WORK INSTRUCTION - Only lines containing "SeenPaths" belong in the answer, each copied from the entries below.

RECORD EXCERPTS -
# # #
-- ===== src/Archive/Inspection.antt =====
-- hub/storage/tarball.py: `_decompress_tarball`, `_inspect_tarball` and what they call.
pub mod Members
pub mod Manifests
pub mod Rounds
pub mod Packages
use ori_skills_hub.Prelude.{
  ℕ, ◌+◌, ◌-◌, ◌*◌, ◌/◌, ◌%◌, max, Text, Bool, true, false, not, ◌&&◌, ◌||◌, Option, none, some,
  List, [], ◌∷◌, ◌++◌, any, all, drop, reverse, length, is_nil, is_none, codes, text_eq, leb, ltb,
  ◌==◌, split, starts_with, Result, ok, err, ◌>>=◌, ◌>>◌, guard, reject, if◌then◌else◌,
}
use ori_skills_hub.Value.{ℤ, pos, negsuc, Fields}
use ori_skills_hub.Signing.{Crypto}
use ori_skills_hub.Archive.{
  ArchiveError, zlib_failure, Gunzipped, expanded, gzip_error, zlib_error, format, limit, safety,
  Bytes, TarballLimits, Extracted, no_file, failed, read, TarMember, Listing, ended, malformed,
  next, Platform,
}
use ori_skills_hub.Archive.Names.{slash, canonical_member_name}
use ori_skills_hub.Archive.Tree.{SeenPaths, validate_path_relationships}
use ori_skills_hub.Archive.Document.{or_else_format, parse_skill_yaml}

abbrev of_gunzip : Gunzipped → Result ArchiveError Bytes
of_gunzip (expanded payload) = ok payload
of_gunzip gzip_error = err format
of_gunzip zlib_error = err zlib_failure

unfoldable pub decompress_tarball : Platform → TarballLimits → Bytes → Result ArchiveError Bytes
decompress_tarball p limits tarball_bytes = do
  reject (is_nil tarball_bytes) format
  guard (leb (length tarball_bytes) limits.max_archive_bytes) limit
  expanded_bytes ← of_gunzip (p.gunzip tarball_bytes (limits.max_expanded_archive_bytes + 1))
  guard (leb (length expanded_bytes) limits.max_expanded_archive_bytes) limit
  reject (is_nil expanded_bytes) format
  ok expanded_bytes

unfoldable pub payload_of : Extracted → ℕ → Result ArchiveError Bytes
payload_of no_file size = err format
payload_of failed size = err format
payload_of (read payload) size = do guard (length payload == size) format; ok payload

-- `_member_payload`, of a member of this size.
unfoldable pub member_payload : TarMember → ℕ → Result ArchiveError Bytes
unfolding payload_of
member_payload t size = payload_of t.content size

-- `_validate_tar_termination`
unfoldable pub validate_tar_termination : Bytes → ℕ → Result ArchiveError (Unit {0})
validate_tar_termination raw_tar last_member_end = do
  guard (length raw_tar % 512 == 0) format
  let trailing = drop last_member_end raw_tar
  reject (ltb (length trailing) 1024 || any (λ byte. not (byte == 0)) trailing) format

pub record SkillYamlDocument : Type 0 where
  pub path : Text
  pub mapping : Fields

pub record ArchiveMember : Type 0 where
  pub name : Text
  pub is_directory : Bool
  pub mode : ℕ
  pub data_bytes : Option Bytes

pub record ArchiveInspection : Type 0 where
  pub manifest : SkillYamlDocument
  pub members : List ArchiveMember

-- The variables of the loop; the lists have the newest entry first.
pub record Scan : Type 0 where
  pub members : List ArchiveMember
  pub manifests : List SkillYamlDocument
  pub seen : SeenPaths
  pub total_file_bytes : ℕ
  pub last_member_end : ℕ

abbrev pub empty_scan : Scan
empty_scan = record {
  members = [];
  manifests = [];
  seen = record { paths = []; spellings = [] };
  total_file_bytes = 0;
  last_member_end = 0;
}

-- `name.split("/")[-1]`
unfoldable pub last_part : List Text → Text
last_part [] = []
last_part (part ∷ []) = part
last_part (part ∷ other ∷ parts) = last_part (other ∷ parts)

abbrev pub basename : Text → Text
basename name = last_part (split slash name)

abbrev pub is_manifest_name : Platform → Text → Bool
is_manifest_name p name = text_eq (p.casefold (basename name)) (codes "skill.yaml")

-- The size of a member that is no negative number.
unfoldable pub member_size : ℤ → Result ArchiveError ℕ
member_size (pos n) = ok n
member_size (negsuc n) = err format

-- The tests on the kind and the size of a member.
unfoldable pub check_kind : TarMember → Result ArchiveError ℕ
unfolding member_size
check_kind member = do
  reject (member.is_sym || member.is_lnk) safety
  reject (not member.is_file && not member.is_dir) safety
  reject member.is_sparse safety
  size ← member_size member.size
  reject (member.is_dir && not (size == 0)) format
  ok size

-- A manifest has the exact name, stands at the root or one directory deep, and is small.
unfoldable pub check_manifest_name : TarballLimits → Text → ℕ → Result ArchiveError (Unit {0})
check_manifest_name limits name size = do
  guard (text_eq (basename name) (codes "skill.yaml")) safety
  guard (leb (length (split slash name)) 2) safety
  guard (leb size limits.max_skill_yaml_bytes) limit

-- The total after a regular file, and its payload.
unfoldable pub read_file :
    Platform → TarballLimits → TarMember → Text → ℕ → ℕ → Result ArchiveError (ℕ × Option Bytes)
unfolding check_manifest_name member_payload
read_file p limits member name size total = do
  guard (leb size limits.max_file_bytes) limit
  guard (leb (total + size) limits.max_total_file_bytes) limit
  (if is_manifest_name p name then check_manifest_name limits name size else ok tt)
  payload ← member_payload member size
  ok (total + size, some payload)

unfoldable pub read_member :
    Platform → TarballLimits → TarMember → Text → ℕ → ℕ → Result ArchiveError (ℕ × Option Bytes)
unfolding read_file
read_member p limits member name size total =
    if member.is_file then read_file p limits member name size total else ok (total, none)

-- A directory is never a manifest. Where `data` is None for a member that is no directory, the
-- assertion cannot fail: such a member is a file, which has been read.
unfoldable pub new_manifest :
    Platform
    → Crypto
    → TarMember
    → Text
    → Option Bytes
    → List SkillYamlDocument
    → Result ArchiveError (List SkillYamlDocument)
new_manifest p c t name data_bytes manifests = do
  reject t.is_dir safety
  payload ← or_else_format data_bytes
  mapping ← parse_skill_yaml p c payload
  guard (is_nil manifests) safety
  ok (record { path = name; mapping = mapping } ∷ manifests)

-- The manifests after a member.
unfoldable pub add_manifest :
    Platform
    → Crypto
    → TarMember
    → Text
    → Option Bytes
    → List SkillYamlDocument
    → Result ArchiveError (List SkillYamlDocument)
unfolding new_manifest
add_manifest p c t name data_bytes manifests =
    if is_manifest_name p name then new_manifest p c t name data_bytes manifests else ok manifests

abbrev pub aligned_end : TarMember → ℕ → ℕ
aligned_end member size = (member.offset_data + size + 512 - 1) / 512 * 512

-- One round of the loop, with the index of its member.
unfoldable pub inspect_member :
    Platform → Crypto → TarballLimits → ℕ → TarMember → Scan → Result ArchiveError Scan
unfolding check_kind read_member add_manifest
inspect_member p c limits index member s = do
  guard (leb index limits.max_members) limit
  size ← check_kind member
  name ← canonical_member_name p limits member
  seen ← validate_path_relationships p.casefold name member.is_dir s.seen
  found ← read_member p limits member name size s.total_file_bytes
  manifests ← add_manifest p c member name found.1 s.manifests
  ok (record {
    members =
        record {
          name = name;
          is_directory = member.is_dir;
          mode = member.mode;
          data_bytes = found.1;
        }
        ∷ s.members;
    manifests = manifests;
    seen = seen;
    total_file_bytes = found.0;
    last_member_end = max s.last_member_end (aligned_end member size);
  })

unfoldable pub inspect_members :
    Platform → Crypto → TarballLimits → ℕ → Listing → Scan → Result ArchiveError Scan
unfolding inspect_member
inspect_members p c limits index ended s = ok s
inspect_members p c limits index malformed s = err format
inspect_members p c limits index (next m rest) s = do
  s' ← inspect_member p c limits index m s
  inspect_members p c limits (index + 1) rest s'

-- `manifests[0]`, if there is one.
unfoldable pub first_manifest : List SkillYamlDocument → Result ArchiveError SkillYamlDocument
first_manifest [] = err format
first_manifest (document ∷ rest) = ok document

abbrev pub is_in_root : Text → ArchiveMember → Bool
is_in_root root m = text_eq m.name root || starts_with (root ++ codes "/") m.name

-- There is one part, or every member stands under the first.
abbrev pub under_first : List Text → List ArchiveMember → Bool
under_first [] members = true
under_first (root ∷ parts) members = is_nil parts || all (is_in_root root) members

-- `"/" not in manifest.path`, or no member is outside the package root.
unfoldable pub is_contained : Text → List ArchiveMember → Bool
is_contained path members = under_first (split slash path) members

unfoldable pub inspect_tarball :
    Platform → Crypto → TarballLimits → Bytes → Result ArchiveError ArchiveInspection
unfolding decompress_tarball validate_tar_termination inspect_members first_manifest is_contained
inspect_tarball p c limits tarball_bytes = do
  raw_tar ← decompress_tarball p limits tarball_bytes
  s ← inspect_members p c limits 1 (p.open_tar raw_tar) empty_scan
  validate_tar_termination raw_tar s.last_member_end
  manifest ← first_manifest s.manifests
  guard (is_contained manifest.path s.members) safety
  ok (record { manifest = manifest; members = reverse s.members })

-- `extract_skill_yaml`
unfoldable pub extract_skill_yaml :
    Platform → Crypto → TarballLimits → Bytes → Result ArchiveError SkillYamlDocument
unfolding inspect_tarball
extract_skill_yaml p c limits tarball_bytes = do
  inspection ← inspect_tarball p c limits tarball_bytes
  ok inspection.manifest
# # #
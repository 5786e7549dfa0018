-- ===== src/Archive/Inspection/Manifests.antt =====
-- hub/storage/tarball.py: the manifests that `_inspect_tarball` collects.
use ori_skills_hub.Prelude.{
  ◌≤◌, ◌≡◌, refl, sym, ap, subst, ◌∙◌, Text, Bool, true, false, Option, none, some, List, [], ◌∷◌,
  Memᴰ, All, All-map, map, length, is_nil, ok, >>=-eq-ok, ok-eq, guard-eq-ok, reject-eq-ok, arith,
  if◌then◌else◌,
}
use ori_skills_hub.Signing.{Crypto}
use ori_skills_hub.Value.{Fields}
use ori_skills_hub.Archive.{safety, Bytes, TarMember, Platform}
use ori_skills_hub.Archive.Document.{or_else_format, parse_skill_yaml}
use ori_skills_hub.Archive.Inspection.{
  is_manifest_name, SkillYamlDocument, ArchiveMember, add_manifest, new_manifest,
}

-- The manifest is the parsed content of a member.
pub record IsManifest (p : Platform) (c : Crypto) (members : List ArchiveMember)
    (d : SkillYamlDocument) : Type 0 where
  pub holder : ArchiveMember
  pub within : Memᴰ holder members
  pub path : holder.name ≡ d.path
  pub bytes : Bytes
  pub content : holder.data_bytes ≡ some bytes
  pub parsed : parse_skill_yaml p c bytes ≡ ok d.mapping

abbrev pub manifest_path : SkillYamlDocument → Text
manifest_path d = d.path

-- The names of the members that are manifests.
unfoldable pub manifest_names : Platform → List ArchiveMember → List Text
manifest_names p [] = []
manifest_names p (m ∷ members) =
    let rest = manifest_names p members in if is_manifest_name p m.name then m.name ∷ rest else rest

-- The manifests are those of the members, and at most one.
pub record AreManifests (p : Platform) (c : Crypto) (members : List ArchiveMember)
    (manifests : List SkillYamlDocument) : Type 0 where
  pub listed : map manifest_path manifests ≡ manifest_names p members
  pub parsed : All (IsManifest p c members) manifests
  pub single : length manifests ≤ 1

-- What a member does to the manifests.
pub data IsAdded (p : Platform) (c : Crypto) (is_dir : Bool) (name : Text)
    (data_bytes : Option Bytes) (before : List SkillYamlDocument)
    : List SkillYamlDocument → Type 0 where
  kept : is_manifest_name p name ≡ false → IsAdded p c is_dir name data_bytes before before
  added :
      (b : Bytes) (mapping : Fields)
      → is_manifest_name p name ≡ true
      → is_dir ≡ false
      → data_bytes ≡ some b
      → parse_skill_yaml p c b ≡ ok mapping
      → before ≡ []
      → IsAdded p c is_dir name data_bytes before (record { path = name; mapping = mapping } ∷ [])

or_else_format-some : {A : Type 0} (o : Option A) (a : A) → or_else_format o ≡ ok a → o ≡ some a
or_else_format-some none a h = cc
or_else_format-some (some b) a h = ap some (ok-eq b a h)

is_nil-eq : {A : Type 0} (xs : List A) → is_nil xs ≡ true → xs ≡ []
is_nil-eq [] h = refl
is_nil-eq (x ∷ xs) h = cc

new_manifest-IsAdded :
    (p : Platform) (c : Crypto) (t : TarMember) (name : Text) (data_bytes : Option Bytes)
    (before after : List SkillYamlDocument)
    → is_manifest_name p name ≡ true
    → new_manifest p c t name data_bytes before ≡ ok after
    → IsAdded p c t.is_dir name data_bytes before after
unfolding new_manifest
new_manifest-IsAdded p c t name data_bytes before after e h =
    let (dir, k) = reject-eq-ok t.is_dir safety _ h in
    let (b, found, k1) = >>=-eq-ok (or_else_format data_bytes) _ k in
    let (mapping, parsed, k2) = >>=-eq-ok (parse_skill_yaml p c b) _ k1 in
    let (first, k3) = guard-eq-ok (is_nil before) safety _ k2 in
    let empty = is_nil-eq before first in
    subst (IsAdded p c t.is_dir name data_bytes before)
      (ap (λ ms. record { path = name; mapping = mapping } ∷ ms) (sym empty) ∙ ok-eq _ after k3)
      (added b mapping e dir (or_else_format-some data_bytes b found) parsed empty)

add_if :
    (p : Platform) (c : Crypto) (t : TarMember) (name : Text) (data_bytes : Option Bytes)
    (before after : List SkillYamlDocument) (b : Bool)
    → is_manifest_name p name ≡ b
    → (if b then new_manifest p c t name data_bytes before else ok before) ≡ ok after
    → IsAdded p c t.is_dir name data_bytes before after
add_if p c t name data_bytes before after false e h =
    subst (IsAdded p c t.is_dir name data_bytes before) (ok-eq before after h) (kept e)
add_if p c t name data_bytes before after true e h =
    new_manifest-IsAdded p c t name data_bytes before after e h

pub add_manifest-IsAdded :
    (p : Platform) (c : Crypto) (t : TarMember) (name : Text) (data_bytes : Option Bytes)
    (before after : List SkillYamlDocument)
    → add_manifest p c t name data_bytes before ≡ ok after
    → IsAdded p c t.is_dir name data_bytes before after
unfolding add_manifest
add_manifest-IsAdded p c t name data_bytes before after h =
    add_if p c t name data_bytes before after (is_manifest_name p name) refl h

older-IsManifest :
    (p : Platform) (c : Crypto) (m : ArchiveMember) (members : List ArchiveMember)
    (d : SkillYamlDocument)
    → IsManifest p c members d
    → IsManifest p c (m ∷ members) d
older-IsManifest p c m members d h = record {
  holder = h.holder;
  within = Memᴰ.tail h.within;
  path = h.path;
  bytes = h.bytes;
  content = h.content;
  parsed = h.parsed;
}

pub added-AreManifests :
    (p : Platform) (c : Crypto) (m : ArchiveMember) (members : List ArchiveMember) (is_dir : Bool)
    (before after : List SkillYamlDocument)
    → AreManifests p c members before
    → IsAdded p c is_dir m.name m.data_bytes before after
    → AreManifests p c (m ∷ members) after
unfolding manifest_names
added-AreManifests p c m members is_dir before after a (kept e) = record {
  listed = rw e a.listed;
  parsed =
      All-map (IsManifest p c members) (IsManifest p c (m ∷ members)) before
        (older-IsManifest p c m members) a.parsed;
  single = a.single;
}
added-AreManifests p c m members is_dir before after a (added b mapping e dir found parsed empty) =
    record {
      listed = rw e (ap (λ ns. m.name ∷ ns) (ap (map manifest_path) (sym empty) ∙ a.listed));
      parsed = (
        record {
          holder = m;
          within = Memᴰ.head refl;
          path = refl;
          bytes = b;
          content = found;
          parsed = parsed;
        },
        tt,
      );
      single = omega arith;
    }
# # #
ANSWER SPACE -
use ori_skills_hub.Archive.Tree.{SeenPaths, validate_path_relationships}
  pub seen : SeenPaths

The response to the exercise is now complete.